**EXERCISE AIM**.
Among the lines below, copy exactly those from the one with "All-filter_test P p (x" through the one with "(filter (is_authorized disk", counting both ends.

-- RECORDS TO PROCESS follows --

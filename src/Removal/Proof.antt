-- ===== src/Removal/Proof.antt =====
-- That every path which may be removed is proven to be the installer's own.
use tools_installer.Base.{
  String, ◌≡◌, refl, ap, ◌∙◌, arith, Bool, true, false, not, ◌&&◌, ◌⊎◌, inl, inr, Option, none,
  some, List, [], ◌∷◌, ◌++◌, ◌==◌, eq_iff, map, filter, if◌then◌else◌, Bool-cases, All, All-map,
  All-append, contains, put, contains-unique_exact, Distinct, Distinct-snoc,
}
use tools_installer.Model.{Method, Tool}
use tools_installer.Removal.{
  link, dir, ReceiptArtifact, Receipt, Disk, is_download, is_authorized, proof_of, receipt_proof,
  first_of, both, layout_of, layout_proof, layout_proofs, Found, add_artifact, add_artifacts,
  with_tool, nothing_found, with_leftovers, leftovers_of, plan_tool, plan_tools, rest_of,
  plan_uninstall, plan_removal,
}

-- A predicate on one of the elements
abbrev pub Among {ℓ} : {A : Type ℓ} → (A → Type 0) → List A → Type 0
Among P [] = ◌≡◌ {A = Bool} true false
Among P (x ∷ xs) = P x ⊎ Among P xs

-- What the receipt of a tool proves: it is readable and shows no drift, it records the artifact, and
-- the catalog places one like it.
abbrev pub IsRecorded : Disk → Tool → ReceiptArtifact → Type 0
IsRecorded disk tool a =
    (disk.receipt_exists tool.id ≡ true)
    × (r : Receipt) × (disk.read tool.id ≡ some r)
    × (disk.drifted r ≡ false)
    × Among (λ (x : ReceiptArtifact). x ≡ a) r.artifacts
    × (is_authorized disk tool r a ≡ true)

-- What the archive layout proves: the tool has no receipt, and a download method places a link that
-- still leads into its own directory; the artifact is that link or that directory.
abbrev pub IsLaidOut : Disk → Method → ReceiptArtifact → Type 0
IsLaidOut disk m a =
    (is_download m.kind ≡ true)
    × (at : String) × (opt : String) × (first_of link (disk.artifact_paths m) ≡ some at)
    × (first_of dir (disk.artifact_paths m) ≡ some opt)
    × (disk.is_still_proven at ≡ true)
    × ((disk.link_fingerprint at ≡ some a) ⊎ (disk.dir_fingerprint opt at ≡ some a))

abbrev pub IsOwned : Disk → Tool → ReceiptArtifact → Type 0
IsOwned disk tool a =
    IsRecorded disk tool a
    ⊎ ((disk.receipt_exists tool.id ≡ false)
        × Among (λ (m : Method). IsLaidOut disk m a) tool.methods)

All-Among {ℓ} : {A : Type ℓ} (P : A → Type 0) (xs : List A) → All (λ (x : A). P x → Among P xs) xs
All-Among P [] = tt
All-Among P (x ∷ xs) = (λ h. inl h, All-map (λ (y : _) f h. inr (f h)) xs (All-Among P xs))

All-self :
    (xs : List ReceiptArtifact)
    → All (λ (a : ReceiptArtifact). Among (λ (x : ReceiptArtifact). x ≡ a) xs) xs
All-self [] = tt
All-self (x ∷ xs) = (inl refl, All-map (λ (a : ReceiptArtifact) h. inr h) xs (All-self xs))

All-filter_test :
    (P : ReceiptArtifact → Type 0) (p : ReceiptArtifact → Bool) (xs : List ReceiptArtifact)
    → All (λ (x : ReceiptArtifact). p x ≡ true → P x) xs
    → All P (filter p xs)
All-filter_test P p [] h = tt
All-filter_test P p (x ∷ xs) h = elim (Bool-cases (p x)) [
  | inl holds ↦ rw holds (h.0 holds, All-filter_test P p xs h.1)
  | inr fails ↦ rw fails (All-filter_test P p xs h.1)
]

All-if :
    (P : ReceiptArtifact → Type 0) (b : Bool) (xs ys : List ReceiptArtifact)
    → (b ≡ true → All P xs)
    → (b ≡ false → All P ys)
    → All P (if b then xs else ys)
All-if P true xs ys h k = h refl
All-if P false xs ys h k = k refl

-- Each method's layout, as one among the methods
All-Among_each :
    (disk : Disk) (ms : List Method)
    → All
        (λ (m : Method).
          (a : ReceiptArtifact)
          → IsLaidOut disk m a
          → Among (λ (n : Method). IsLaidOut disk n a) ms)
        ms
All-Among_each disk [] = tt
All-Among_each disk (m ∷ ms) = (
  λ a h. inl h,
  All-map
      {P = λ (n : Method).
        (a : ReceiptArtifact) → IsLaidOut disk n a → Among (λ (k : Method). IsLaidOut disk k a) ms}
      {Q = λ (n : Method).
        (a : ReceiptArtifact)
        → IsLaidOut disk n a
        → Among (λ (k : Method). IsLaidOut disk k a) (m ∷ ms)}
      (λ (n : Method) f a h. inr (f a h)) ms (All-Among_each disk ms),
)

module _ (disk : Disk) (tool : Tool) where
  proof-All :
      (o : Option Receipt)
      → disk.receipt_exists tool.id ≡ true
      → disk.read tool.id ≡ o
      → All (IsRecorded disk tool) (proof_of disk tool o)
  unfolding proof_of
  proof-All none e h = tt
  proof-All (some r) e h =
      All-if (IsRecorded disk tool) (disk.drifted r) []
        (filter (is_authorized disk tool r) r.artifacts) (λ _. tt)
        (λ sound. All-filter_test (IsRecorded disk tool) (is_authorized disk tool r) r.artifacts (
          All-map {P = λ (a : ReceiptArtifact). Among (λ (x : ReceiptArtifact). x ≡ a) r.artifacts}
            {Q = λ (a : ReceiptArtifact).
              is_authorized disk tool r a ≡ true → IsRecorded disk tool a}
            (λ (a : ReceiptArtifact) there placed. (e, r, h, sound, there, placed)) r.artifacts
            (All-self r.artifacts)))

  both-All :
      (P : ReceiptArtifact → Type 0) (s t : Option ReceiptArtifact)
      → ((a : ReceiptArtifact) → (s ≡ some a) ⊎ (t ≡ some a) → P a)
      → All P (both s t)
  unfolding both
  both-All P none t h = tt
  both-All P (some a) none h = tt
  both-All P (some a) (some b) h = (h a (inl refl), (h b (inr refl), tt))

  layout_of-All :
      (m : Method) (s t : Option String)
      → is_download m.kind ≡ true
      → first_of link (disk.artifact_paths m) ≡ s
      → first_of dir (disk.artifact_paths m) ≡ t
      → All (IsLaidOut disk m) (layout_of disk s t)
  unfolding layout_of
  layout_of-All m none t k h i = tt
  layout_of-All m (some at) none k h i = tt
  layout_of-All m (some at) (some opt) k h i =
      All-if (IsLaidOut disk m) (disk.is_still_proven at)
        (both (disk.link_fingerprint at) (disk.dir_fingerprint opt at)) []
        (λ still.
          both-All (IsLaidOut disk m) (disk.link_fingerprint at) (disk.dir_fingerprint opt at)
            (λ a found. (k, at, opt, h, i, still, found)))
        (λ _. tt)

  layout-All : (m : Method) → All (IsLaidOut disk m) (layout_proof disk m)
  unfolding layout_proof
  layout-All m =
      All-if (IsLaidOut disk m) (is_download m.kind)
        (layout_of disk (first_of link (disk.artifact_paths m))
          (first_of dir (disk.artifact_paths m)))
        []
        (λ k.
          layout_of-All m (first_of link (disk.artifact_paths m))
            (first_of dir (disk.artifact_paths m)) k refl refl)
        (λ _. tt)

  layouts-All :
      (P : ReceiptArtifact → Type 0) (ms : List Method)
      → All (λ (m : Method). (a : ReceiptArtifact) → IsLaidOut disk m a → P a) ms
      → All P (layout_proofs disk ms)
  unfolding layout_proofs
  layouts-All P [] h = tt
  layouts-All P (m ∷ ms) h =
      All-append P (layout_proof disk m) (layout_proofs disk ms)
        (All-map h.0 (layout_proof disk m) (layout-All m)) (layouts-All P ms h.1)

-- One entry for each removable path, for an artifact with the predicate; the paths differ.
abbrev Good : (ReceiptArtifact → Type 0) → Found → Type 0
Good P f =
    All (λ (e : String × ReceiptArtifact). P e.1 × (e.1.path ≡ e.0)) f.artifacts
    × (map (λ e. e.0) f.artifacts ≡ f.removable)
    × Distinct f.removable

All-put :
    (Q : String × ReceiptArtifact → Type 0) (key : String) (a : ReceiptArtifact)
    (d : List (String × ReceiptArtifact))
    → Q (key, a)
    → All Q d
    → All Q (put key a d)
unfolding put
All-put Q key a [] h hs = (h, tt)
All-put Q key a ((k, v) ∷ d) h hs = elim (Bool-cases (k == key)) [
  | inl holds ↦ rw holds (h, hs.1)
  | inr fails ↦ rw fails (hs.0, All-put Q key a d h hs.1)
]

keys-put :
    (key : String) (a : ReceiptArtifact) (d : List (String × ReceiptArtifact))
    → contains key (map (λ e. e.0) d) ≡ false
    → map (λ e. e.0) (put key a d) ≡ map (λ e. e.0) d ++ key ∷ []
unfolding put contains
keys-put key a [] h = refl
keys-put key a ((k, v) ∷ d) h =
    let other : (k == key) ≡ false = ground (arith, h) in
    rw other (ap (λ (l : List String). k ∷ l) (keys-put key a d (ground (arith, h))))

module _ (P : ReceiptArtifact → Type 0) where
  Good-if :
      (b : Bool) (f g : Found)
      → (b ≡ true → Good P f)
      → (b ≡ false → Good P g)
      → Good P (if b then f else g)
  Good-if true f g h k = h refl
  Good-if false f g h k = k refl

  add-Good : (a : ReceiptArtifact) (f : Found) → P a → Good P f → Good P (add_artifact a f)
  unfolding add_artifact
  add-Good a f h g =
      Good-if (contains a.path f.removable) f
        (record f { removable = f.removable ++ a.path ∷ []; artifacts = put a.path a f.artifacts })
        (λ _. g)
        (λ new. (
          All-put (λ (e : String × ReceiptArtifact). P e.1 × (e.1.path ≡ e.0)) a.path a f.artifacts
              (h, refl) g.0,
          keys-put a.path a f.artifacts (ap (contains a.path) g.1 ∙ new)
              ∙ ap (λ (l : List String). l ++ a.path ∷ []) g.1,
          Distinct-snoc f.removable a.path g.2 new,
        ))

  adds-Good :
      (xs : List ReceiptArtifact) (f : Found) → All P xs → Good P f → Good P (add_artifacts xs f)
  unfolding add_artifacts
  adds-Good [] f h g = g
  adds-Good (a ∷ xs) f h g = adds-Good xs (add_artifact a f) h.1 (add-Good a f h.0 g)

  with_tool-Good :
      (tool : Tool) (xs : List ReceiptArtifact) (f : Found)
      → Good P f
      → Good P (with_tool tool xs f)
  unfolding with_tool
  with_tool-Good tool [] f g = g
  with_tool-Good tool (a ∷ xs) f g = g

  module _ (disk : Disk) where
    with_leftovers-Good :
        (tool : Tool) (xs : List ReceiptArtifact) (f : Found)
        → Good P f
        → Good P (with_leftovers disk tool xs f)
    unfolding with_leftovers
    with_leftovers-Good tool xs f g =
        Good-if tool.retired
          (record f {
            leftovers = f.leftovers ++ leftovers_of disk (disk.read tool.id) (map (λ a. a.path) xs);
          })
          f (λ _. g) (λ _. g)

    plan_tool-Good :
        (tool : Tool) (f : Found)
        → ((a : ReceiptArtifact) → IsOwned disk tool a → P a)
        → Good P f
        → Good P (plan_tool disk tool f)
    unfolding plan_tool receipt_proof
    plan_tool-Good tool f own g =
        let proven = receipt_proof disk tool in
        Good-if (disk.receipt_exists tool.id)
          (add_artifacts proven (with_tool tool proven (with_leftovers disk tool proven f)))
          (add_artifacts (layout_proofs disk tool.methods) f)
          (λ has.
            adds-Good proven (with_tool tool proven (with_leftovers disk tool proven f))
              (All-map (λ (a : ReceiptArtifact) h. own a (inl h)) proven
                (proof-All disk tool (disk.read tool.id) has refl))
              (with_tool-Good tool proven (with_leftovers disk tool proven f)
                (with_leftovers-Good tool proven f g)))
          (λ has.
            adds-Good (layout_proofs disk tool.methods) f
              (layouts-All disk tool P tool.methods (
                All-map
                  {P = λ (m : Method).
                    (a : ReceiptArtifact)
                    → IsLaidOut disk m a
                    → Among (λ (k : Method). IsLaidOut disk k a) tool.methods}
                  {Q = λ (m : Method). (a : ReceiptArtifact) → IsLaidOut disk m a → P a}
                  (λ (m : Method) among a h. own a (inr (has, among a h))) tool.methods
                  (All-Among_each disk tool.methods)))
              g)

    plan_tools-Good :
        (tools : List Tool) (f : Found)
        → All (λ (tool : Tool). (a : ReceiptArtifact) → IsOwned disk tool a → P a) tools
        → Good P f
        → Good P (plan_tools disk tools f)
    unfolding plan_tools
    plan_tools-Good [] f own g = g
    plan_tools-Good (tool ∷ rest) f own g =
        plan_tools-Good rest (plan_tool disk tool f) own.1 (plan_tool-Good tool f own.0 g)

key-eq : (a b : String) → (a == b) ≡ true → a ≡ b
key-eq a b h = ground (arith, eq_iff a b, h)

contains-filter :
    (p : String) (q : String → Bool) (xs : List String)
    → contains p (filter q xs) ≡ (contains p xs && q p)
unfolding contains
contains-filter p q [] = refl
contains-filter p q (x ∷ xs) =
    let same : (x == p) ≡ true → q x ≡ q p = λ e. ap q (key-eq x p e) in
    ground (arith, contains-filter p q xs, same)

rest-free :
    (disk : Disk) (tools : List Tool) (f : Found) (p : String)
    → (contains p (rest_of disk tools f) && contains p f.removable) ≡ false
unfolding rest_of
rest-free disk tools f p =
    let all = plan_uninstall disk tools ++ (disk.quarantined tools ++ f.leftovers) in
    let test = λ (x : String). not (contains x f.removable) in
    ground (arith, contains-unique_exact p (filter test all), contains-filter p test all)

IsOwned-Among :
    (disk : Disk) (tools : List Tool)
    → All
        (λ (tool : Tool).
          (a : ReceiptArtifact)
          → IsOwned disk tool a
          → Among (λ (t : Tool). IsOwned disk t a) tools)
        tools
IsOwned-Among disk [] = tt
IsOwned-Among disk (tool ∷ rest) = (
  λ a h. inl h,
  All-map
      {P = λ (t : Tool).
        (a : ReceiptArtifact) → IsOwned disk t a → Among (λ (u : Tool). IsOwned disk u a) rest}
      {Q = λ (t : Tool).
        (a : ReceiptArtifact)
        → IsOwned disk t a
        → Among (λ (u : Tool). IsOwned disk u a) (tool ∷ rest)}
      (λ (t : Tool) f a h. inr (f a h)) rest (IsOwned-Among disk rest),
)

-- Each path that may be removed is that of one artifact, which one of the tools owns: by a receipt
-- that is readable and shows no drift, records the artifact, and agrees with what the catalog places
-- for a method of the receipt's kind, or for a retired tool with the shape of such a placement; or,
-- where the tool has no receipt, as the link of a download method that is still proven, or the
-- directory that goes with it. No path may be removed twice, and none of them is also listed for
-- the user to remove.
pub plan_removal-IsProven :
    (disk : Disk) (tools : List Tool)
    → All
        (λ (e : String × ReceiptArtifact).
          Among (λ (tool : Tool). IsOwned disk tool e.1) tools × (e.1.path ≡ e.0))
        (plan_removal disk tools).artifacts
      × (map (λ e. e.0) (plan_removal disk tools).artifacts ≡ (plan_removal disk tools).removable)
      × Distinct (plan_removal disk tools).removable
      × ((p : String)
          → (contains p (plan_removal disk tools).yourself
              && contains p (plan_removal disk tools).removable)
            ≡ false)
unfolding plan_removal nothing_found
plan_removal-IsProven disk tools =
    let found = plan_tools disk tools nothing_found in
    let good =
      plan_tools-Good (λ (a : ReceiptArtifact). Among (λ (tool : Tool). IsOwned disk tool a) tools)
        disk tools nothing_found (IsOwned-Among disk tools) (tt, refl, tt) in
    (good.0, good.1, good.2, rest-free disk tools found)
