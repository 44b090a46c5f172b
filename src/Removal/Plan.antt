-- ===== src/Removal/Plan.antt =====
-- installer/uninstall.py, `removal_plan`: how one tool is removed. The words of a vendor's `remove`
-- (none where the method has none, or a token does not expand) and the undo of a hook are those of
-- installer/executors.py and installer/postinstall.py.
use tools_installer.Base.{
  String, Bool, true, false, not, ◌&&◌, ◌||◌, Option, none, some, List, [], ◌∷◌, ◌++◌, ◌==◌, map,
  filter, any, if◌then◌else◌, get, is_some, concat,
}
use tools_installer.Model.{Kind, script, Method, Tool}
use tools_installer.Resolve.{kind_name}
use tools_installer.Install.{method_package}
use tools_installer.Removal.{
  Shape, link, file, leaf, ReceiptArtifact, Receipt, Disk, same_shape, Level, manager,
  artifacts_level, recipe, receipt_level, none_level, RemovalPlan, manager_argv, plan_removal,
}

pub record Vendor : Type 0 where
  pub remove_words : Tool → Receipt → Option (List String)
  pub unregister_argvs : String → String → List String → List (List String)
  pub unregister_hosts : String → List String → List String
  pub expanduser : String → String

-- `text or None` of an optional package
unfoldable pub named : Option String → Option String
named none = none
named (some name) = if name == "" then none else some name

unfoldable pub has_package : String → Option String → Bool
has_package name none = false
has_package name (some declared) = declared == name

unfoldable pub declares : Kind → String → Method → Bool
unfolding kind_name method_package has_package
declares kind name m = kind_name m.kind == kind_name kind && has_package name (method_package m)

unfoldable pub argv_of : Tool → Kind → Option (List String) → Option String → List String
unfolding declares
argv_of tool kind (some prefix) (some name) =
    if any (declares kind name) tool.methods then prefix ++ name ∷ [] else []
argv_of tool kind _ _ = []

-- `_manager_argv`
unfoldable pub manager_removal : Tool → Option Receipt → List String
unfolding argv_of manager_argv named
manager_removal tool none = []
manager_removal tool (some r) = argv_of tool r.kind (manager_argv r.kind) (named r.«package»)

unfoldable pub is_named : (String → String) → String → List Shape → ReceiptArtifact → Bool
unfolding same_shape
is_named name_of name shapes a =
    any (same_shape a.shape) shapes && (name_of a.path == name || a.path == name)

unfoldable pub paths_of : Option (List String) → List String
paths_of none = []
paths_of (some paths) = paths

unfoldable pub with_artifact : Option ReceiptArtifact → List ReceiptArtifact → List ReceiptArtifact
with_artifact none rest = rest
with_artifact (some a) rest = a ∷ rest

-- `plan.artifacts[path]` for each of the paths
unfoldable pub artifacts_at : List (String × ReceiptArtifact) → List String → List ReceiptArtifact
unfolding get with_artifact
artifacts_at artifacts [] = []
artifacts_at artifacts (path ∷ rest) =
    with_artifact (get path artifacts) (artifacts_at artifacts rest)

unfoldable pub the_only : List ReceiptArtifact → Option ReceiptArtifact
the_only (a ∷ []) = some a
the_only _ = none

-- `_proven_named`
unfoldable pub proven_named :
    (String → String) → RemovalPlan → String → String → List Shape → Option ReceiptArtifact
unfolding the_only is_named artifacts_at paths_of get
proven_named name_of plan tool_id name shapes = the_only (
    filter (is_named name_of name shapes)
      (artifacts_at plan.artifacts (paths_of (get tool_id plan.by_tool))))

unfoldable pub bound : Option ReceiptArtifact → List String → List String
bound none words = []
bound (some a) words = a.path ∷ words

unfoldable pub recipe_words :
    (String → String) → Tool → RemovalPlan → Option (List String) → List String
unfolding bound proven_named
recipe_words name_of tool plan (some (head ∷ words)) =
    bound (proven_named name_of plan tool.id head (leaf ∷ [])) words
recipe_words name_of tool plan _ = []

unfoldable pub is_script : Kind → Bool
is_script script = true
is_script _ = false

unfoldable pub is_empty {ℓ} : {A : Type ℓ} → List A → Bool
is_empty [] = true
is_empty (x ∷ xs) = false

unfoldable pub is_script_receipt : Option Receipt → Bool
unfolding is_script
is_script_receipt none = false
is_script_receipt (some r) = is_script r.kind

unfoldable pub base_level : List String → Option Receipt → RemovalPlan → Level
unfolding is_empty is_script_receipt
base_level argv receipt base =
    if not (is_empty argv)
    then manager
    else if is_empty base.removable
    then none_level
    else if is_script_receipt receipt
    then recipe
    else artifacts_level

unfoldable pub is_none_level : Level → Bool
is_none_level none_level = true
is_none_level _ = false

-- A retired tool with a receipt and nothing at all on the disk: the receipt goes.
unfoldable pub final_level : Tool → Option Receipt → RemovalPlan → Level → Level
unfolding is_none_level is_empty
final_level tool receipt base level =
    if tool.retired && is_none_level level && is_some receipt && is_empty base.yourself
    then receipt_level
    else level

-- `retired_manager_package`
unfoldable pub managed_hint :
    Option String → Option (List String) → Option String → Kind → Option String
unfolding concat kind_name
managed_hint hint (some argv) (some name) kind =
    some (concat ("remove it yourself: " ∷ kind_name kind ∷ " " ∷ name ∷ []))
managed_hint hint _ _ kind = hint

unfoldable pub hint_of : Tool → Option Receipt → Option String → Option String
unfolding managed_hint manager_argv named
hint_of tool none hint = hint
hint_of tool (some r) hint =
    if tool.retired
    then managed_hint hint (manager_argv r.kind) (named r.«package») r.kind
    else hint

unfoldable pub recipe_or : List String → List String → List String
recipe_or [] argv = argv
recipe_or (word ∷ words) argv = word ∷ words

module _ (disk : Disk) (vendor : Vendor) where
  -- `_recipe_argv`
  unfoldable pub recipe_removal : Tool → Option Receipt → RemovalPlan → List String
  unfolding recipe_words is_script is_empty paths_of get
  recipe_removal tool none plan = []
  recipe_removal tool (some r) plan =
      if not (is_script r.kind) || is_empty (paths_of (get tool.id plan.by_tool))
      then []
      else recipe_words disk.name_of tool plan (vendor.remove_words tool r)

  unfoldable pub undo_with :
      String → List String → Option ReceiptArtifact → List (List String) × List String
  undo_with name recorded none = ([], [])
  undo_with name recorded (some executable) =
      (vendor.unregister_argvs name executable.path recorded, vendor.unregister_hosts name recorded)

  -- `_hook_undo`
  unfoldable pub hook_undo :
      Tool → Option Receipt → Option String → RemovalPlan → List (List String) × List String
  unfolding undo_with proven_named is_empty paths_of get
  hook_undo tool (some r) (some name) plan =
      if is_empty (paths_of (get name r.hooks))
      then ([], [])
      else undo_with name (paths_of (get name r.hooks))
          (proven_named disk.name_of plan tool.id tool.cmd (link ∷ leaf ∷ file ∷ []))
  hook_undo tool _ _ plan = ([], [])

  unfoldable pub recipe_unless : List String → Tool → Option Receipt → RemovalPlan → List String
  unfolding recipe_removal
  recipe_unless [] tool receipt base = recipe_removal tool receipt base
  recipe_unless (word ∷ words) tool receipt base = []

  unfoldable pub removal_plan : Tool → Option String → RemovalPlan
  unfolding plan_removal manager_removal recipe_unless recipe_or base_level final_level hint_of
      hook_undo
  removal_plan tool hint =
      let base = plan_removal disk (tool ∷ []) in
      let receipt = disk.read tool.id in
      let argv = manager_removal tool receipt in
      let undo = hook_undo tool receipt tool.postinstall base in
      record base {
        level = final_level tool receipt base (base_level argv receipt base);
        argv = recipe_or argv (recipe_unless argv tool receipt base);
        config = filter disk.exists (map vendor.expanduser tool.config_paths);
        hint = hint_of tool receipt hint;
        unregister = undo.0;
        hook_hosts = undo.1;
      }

-- RECORDS TO PROCESS concluded --

**ANSWER TO THIS EXERCISE**.
All-filter_test P p (x ∷ xs) h = elim (Bool-cases (p x)) [
  | inl holds ↦ rw holds (h.0 holds, All-filter_test P p xs h.1)
  | inr fails ↦ rw fails (All-filter_test P p xs h.1)
]

All-if :
    (P : ReceiptArtifact → Type 0) (b : Bool) (xs ys : List ReceiptArtifact)
    → (b ≡ true → All P xs)
    → (b ≡ false → All P ys)
    → All P (if b then xs else ys)
All-if P true xs ys h k = h refl
All-if P false xs ys h k = k refl

-- Each method's layout, as one among the methods
All-Among_each :
    (disk : Disk) (ms : List Method)
    → All
        (λ (m : Method).
          (a : ReceiptArtifact)
          → IsLaidOut disk m a
          → Among (λ (n : Method). IsLaidOut disk n a) ms)
        ms
All-Among_each disk [] = tt
All-Among_each disk (m ∷ ms) = (
  λ a h. inl h,
  All-map
      {P = λ (n : Method).
        (a : ReceiptArtifact) → IsLaidOut disk n a → Among (λ (k : Method). IsLaidOut disk k a) ms}
      {Q = λ (n : Method).
        (a : ReceiptArtifact)
        → IsLaidOut disk n a
        → Among (λ (k : Method). IsLaidOut disk k a) (m ∷ ms)}
      (λ (n : Method) f a h. inr (f a h)) ms (All-Among_each disk ms),
)

module _ (disk : Disk) (tool : Tool) where
  proof-All :
      (o : Option Receipt)
      → disk.receipt_exists tool.id ≡ true
      → disk.read tool.id ≡ o
      → All (IsRecorded disk tool) (proof_of disk tool o)
  unfolding proof_of
  proof-All none e h = tt
  proof-All (some r) e h =
      All-if (IsRecorded disk tool) (disk.drifted r) []
        (filter (is_authorized disk tool r) r.artifacts) (λ _. tt)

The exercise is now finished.